While the print method shows that 8 eigenvectors were selected from the candidate set consisting of 22 eigenvectors, the summary method provides additional information. Besides the ordinary least squares (OLS) parameter estimates, the output shows that the ESF model filters for positive spatial autocorrelation using the minimization of residual autocorrelation as objective function during the eigenvector search. A comparison between the filtered and the nonspatial OLS model with respect to model fit and residual autocorrelation is also provided. Since the option EV is set to TRUE, the summary method also displays information on the selected eigenvectors. As the results show, the ESF model successfully removes the spatial pattern from model residuals.
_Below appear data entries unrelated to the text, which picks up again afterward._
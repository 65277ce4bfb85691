-- ===== src/Verification/Additive.antt =====
-- The additive half: what a sub claim that passes is made of.
use decision_memory.Prelude.{
  Bool-cases, Option-cases, some_inj, nat_eq, pair_eq, list_eq, All, ℕ, suc, ◌+◌, ◌-◌, ◌≤◌, ◌≡◌,
  refl, sym, ap, ◌∙◌, subst, inl, inr, true, false, none, some, List, [], ◌∷◌, ◌++◌, map, arith,
}
use decision_memory.Text.{Text}
use decision_memory.Vocabulary.{is_function_word}
use decision_memory.Verification.{
  max_added_function_words, tokens_match, Pool, fresh_pool, claim, additive_from,
  sub_claim_is_additive_free,
}
use decision_memory.Verification.Matching.{tokens_match_refl}

-- The tokens can be absorbed by the parent tokens `available`, each of which serves once, with at
-- most `budget` function words added. The relation leaves open which match is taken.
pub data Absorbs : List Text → ℕ → List Text → Type 0 where
  done : {available : List Text} {budget : ℕ} → Absorbs available budget []
  matched :
      {budget : ℕ} {token : Text} {tokens available : List Text} (parent : Text)
      (before after : List Text)
      → tokens_match token parent ≡ true
      → available ≡ before ++ parent ∷ after
      → Absorbs (before ++ after) budget tokens
      → Absorbs available budget (token ∷ tokens)
  added :
      {available : List Text} {budget : ℕ} {token : Text} {tokens : List Text}
      → is_function_word token ≡ true
      → Absorbs available budget tokens
      → Absorbs available (suc budget) (token ∷ tokens)

-- The token matches none of the parent tokens.
abbrev pub Unmatched : Text → List Text → Type 0
Unmatched token parents = All (λ parent. tokens_match token parent ≡ false) parents

-- The parent tokens that are not used yet.
pub available : Pool → List Text
available [] = []
available ((t, true) ∷ pool) = available pool
available ((t, false) ∷ pool) = t ∷ available pool

pub available-fresh_pool : (parents : List Text) → available (fresh_pool parents) ≡ parents
unfolding available
available-fresh_pool [] = refl
available-fresh_pool (t ∷ parents) = ap (λ l. t ∷ l) (available-fresh_pool parents)

-- What a successful pass of the inner loop took from the pool.
abbrev pub Taken : Text → Pool → Pool → Type 0
Taken token pool pool' =
    (parent : Text) × (before : List Text) × (after : List Text) × (tokens_match token parent
      ≡ true)
    × Unmatched token before
    × (available pool ≡ before ++ parent ∷ after)
    × (available pool' ≡ before ++ after)

Taken-used :
    (token t : Text) (pool pool' : Pool)
    → Taken token pool pool'
    → Taken token ((t, true) ∷ pool) ((t, true) ∷ pool')
unfolding available
Taken-used token t pool pool' taken = taken

Taken-unused :
    (token t : Text) (pool pool' : Pool)
    → tokens_match token t ≡ false
    → Taken token pool pool'
    → Taken token ((t, false) ∷ pool) ((t, false) ∷ pool')
unfolding available
Taken-unused token t pool pool' other (parent, before, after, same, unmatched, e, f) =
    (parent, t ∷ before, after, same, (other, unmatched), ap (λ l. t ∷ l) e, ap (λ l. t ∷ l) f)

pub claim-Taken :
    (token : Text) (pool pool' : Pool) → claim token pool ≡ some pool' → Taken token pool pool'
unfolding claim available
claim-Taken token [] pool' h = cc
claim-Taken token ((t, true) ∷ pool) pool' h = elim (Option-cases (claim token pool)) [
  | inl stuck ↦ let impossible : none ≡ some pool' = rw stuck at h in (cc)
  | inr (rest, found) ↦
      let e : (t, true) ∷ rest ≡ pool' = some_inj (rw found at h) in
      subst (Taken token ((t, true) ∷ pool)) e
        (Taken-used token t pool rest (claim-Taken token pool rest found))
]
claim-Taken token ((t, false) ∷ pool) pool' h = elim (Bool-cases (tokens_match token t)) [
  | inl same ↦
      let e : (t, true) ∷ pool ≡ pool' = some_inj (rw same at h) in
      (t, [], available pool, same, tt, refl, ap available (sym e))
  | inr other ↦ elim (Option-cases (claim token pool)) [
    | inl stuck ↦ let impossible : none ≡ some pool' = rw (other, stuck) at h in (cc)
    | inr (rest, found) ↦
        let e : (t, false) ∷ rest ≡ pool' = some_inj (rw (other, found) at h) in
        subst (Taken token ((t, false) ∷ pool)) e
          (Taken-unused token t pool rest other (claim-Taken token pool rest found))
  ]
]

pub claim-Unmatched :
    (token : Text) (pool : Pool) → claim token pool ≡ none → Unmatched token (available pool)
unfolding claim available
claim-Unmatched token [] h = tt
claim-Unmatched token ((t, true) ∷ pool) h = elim (Option-cases (claim token pool)) [
  | inl stuck ↦ claim-Unmatched token pool stuck
  | inr (rest, found) ↦ let impossible : some ((t, true) ∷ rest) ≡ none = rw found at h in (cc)
]
claim-Unmatched token ((t, false) ∷ pool) h = elim (Bool-cases (tokens_match token t)) [
  | inl same ↦ let impossible : some ((t, true) ∷ pool) ≡ none = rw same at h in (cc)
  | inr other ↦ elim (Option-cases (claim token pool)) [
    | inl stuck ↦ (other, claim-Unmatched token pool stuck)
    | inr (rest, found) ↦
        let impossible : some ((t, false) ∷ rest) ≡ none = rw (other, found) at h in (cc)
  ]
]

-- A round of the loop that goes on.
pub additive_from-claimed :
    (token : Text) (tokens : List Text) (pool pool' : Pool) (spent : ℕ)
    → claim token pool ≡ some pool'
    → additive_from pool spent (token ∷ tokens) ≡ additive_from pool' spent tokens
unfolding additive_from
additive_from-claimed token tokens pool pool' spent found = rw (found, additive_from)

additive_from-added :
    (token : Text) (tokens : List Text) (pool : Pool) (spent : ℕ)
    → claim token pool ≡ none
    → additive_from pool spent (token ∷ tokens) ≡ none
    → (is_function_word token ≡ true)
      × (spent + 1 ≤ max_added_function_words)
      × (additive_from pool (spent + 1) tokens ≡ none)
unfolding additive_from
additive_from-added token tokens pool spent stuck h = ground arith

-- The loop that ends without a failure has absorbed its tokens.
additive_from-Absorbs :
    (tokens : List Text) (pool : Pool) (budget spent : ℕ)
    → budget + spent ≡ max_added_function_words
    → additive_from pool spent tokens ≡ none
    → Absorbs (available pool) budget tokens
additive_from-Absorbs [] pool budget spent e h = done
additive_from-Absorbs (token ∷ tokens) pool budget spent e h =
    elim (Option-cases (claim token pool)) [
      | inl stuck ↦
          let (word, room, goes_on) = additive_from-added token tokens pool spent stuck h in
          let one_more : Absorbs (available pool) (suc (budget - 1)) (token ∷ tokens) =
            added word
              (additive_from-Absorbs tokens pool (budget - 1) (spent + 1) (omega arith) goes_on) in
          subst (λ n. Absorbs (available pool) n (token ∷ tokens)) (omega arith) one_more
      | inr (pool', found) ↦
          let (parent, before, after, same, unmatched, e₁, e₂) =
            claim-Taken token pool pool' found in
          matched parent before after same e₁ (
            subst (λ l. Absorbs l budget tokens) e₂
              (additive_from-Absorbs tokens pool' budget spent e
                (sym (additive_from-claimed token tokens pool pool' spent found) ∙ h)))
    ]

-- A sub claim that the greedy check passes can be absorbed: each of its tokens takes a parent token
-- of its own that it matches, but for at most two function words.
pub sub_claim_is_additive_free-Absorbs :
    (sub_tokens parent_tokens : List Text)
    → sub_claim_is_additive_free sub_tokens parent_tokens ≡ none
    → Absorbs parent_tokens max_added_function_words sub_tokens
unfolding sub_claim_is_additive_free
sub_claim_is_additive_free-Absorbs sub_tokens parent_tokens h =
    subst (λ l. Absorbs l max_added_function_words sub_tokens) (available-fresh_pool parent_tokens)
      (additive_from-Absorbs sub_tokens (fresh_pool parent_tokens) max_added_function_words 0
        (omega arith) h)

-- The parent tokens against themselves: each token finds the entry of its own, since all entries
-- before it are used.
used_pool : List Text → Pool
used_pool = map (λ t. (t, true))

claim-own :
    (seen : List Text) (token : Text) (rest : List Text)
    → claim token (used_pool seen ++ fresh_pool (token ∷ rest))
      ≡ some (used_pool (seen ++ token ∷ []) ++ fresh_pool rest)
unfolding claim used_pool
claim-own [] token rest = rw (tokens_match_refl token)
claim-own (t ∷ seen) token rest = rw (claim-own seen token rest)

additive_from-own :
    (seen tokens : List Text) (spent : ℕ)
    → additive_from (used_pool seen ++ fresh_pool tokens) spent tokens ≡ none
unfolding additive_from
additive_from-own seen [] spent = refl
additive_from-own seen (token ∷ tokens) spent =
    additive_from-claimed token tokens _ _ spent (claim-own seen token tokens)
    ∙ additive_from-own (seen ++ token ∷ []) tokens spent

pub sub_claim_is_additive_free_self :
    (tokens : List Text) → sub_claim_is_additive_free tokens tokens ≡ none
unfolding sub_claim_is_additive_free used_pool
sub_claim_is_additive_free_self tokens = additive_from-own [] tokens 0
The plot method allows for an easy visualization of the results. The graph displays the Moran coefficient associated with each of the eigenvectors. The shaded area signifies the candidate set and selected eigenvectors are illustrated by black dots.

plot(lm.esf)

Moreover, lmFilter() also allows users to select eigenvectors based on alternative selection criteria:

### Alternative selection criteria:
# maximization of model fit
lmFilter(y = y, x = X, W = W, objfn = 'R2', positive = TRUE, ideal.setsize = TRUE)
#> 11 out of 22 candidate eigenvectors selected

# significance of residual autocorrelation
lmFilter(y = y, x = X, W = W, objfn = 'pMI', sig = .1, bonferroni = FALSE,
         positive = TRUE, ideal.setsize = TRUE)
#> 3 out of 22 candidate eigenvectors selected

# significance of eigenvectors
lmFilter(y = y, x = X, W = W, objfn = 'p', sig = .1, bonferroni = TRUE,
         positive = TRUE, ideal.setsize = TRUE)
#> 3 out of 22 candidate eigenvectors selected

# all eigenvectors in the candidate set
lmFilter(y = y, x = X, W = W, objfn = 'all', positive = TRUE, ideal.setsize = TRUE)
#> 22 out of 22 candidate eigenvectors selected

If users wish to select eigenvectors based on individual selection criteria, they can obtain the eigenvectors using the function getEVs() and perform a supervised selection procedure using the basic stats::lm() command.

Extension to Generalized Linear Models

The ESF approach outlined above easily extends to generalized linear models (GLMs) as well (see also Griffith, Chun, and Li 2019). Therefore, the spfilteR package contains the function glmFilter() which uses maximum likelihood estimation (MLE) to fit a spatially filtered GLM and performs an unsupervised eigenvector search based on alternative objective functions.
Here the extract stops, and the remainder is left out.